Audio: The next generation

In an object-based world, television sound will not only be more immersive it could also become personalised and interactive, as Will Strauss discovers.

While I am sure that I am preaching to the choir when I say this, great pictures are nothing without great sound. And never has that been more apparent than with the current move in the direction of Ultra High Definition.

With picture resolution quadrupling in size, viewers will benefit from greater image detail than they have ever had before while producers will potentially be offered further creative choices (plus the odd logistical headache). But unless the quality of the audio experience matches it, they might as well not bother.

“It is very challenging to unpick the visual experience from the audio,” details Tony Churnside, media technologist at BBC Research and Development (R&D). “One thing depends on the other. If you make the sound worse, it has a negative impact on people’s perception of the picture. In terms of the audience experience the two things should be tied up.”

So, in this next audio step change, what will sound, well, sound like? In an effort to be more immersive, will it be an extension of the familiar channel-based approach that requires complicated speaker configurations in 5.1, 7.2, or even 22.2 that make the listener’s living room look like the bridge of the Starship Enterprise? With TV now increasingly being consumed across multiple platforms and devices, this seems unlikely.

“Realistically not all of the audience can, or wants to experience TV sound that way,” says Churnside. “It’s no longer right to see this as one-size-fits-all. Now, we are looking at the development of a system agnostic environment or format that is object based.”

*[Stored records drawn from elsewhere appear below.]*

-- ===== src/Cdp/Update.antt =====
-- `UpdateCDP`.
use inery_persistent_memory.Base.{
  ◌≡◌, refl, ap, sym, ◌∙◌, ap₂, Bool, add_u64, sub_u64, subst, true, Option, if◌then◌else◌,
}
use inery_persistent_memory.StdMap.{KeyOps, same}
use inery_persistent_memory.Serialize.{Codec, ValueOps}
use inery_persistent_memory.DbUtil.{optional_value}
use inery_persistent_memory.DbUtil.KeyOrder.{uint_key, pair_key}
use inery_persistent_memory.DbConf.Prefix.{cdp}
use inery_persistent_memory.LevelDb.{LevelDb}
use inery_persistent_memory.LevelDb.Wrapper.{Outcome, Lookup, ok, found}
use inery_persistent_memory.Composite.{visible, set_data}
use inery_persistent_memory.Cdp.{
  RatioOps, UserCdp, CdpGlobalData, RatioKey, HeightKey, CdpDb, make_cdp_ratio_index_key,
  make_cdp_height_index_key, add_cdp, subtract_cdp, and_then, on_cdps, save_cdp_index_data,
  update_cdp,
}
use inery_persistent_memory.Cdp.Index.{IndexedBy-update}
use inery_persistent_memory.Cdp.Writes.{set_everywhere, then_ok, totals_of}
use inery_persistent_memory.Cdp.Filled.{Filled, ratio_key-cdpid, height_key-cdpid, shows-Filled}
use inery_persistent_memory.Cdp.Positions.{
  Consistent, saved, dropped, shown_cdps, shown_totals, shown_users, raised, lowered, save_ok,
  drop_ok, Reads, saved-IndexStep, dropped-IndexStep,
}

module _ {I P R Q D : Type 0} ⦃io : KeyOps I⦄ ⦃po : KeyOps P⦄ ⦃ro : KeyOps R⦄
    ⦃vc : ValueOps (UserCdp I P R Q)⦄ ⦃vg : ValueOps CdpGlobalData⦄ ⦃ci : Codec I⦄ ⦃cp : Codec P⦄
    ⦃cc : Codec (UserCdp I P R Q)⦄ ⦃cg : Codec CdpGlobalData⦄ ⦃cu : Codec (R × P)⦄
    ⦃co : Codec (Option I)⦄ ⦃cr : Codec (RatioKey I P)⦄ ⦃ch : Codec (HeightKey I P)⦄
    ⦃ldb : LevelDb D⦄ (ratio_ops : RatioOps Q) where
  -- the totals without the old position
  abbrev pub totals_between : UserCdp I P R Q → CdpDb I P R Q D → P → Lookup CdpGlobalData
  totals_between old db q =
      if same q old.coin_pair
      then visible (found (lowered old (totals_of (shown_totals ratio_ops db old.coin_pair))))
      else shown_totals ratio_ops db q

  -- what an update is to leave
  pub record Updated (old c : UserCdp I P R Q) (db : CdpDb I P R Q D)
      (out : Outcome Bool × CdpDb I P R Q D) : Type 0 where
    pub succeeds : out.0 ≡ ok true
    pub consistent : Consistent ratio_ops out.1
    pub positions :
        (i : I)
        → shown_cdps ratio_ops out.1 i
          ≡ (if same i c.cdpid then found c else shown_cdps ratio_ops db i)
    pub users : (k : R × P) → shown_users ratio_ops out.1 k ≡ shown_users ratio_ops db k
    pub totals :
        (q : P)
        → shown_totals ratio_ops out.1 q ≡ (
            if same q c.coin_pair
            then visible (found (raised c (totals_of (totals_between old db c.coin_pair))))
            else totals_between old db q)

  -- `UpdateCDP` of a position of a consistent object, whose stored state is the old position, by one
  -- with the same id: it succeeds, the object is consistent again, the map has the new position and
  -- else what it had, and the users' entries are as they were. The totals of the old position's pair
  -- are less by its staked and owed amount, and then those of the new position's pair more by
  -- its own (in 64 bits); no other totals change.
  pub update_cdp_lem :
      (old c : UserCdp I P R Q) (db : CdpDb I P R Q D)
      → Filled old
      → Filled c
      → old.cdpid ≡ c.cdpid
      → Consistent ratio_ops db
      → shown_cdps ratio_ops db old.cdpid ≡ found old
      → Updated old c db (update_cdp ratio_ops old c db)
  unfolding update_cdp saved dropped on_cdps add_cdp subtract_cdp add_u64 sub_u64
  update_cdp_lem old c db f f' e k there =
      let (o1, w1, r1) = set_everywhere cdp c.cdpid c db.cdps f'.has_id k.reads_cdps in
      let db1 : CdpDb I P R Q D = record db { cdps = (set_data cdp c.cdpid c db.cdps).1 } in
      let reads : Reads ratio_ops db1 = record {
        globals = k.reads_globals;
        ratios = k.reads_ratios;
        heights = k.reads_heights;
      } in
      let step = dropped-IndexStep ratio_ops old db1 f reads in
      let db2 : CdpDb I P R Q D = dropped ratio_ops old db1 in
      let step2 = saved-IndexStep ratio_ops c db2 f' step.reads in
      let ends : update_cdp ratio_ops old c db ≡ (ok true, saved ratio_ops c db2) =
        rw (f'.has_contents, update_cdp)
          (then_ok _ _ o1
            ∙ ap (λ x. and_then x (save_cdp_index_data ratio_ops c))
                (drop_ok ratio_ops old db1 f reads)
            ∙ then_ok (ok true, db2) (save_cdp_index_data ratio_ops c) refl
            ∙ save_ok ratio_ops c db2 f' step.reads) in
      let positions : (i : I)
          → shown_cdps ratio_ops db1 i
            ≡ (if same i c.cdpid then found c else shown_cdps ratio_ops db i) =
        λ i. w1 i ∙ shows-Filled c (same i c.cdpid) (shown_cdps ratio_ops db i) f' in
      let between : (q : P) → shown_totals ratio_ops db2 q ≡ totals_between old db q =
        step.totals in
      subst (Updated old c db) (sym ends) (record {
        succeeds = refl;
        consistent = record {
          reads_globals = step2.reads.globals;
          reads_cdps = r1;
          reads_users = k.reads_users;
          reads_ratios = step2.reads.ratios;
          reads_heights = step2.reads.heights;
          by_ratio =
              IndexedBy-update (λ (a : UserCdp I P R Q). a.cdpid)
                (make_cdp_ratio_index_key ratio_ops) old c (shown_cdps ratio_ops db)
                (shown_cdps ratio_ops db1) _ _ _ (ratio_key-cdpid ratio_ops) k.by_ratio there e
                positions step.ratios step2.ratios;
          by_height =
              IndexedBy-update (λ (a : UserCdp I P R Q). a.cdpid) make_cdp_height_index_key old c
                (shown_cdps ratio_ops db) (shown_cdps ratio_ops db1) _ _ _ height_key-cdpid
                k.by_height there e positions step.heights step2.heights;
        };
        positions = positions;
        users = λ j. refl;
        totals = λ q.
            step2.totals q
            ∙ ap₂
                (λ x y. if same q c.coin_pair then visible (found (raised c (totals_of x))) else y)
                (between c.coin_pair) (between q);
      })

How does that work then? Well, rather than broadcasting the stereo loudspeaker signals and their pre-mixed combination of dialogue, narration, sound effects, music, and background atmospheres, each of those sounds is sent as a separate audio object with associated metadata. The viewing device or system at the other end then reassembles the objects into an output that can be slightly different for each listener by locally changing the metadata.

Building blocks

It works in a similar way to responsive website design, where a set of associated style parameters control how the content should look depending on the size, shape, and type of browser it is being viewed on. Churnside has a better analogy though: “When you buy a Lego set it comes with a load of bricks and instructions for how you can assemble those bricks,” he explains. “Sometimes those instructions can provide for the creation for more than one thing. That is what we’re doing with TV or radio programmes.”

Whether you prefer the responsive design comparison, or the Lego one, the key is that this agnostic approach means the listener gets the best possible audio experience for the situation they are in whether that is sat at home in front of a big plasma TV or watching on the move via their tablet computer.

BBC R&D carried out a test to this effect last year. A radio drama, Pinocchio, was able to be rendered in stereo for Radio 4 listeners but in surround sound for those listening online: and it was done so via a single production process.

Object-based audio can go further than simply adapting to the end-user device. Using what is termed ‘perceptive media’, where the programme knows something about its audience, content can be tailored to, say, a geographical location. A TV drama, for example, could have different, automated, dialogue feeds depending on the city that it is being viewed in.

It can afford elements of personalisation and interactivity too. Because an object can be any bit of audio in a programme, the listeners could be given the choice to reduce or increase the levels of the commentary or the crowd noise during coverage of a football match, or even choose which set of supporters they hear.

A BBC R&D test with BBC Radio 5 Live at Wembley Stadium last year, where the audio was streamed as a set of objects, allowed listeners to effectively ‘change where they sat in the ground’, an experience that Churnside’s research suggested gave the audience an experience that was ‘more like being there’.

It’s certainly an exciting development, but is it realistic, affordable and practical?

“We’re not there yet, other industries are moving in this direction,” says Churnside, citing the emergence of Dolby Atmos in the feature film market, but “there are challenges to be solved in design, production, and distribution, particularly what sits on your set-top-box at home”.

There is already support for object-based audio though. At this year’s NAB Dolby demonstrated a prototype of its object-based multichannel-mixing approach, while DTS, Fraunhofer, Fairlight, Calrec, and more all unveiled or discussed developments in this field. The EBU is also looking at incorporating object-based representations into the burgeoning BWAV format.

Clearly, further research is required before we can fully understand the impact that object-based sound would have on production, post production, and broadcast and what benefit it would provide for the audience. But if BBC R&D has anything to do with it, it will be mere child’s play.

“We don’t want to double the cost of production, the aim is to be able to create the audio bricks once,” says Churnside. “You don’t have to buy a new Lego set if you want to build a new thing. You just re-use the existing bricks to do it. That is what we’re trying to emulate.”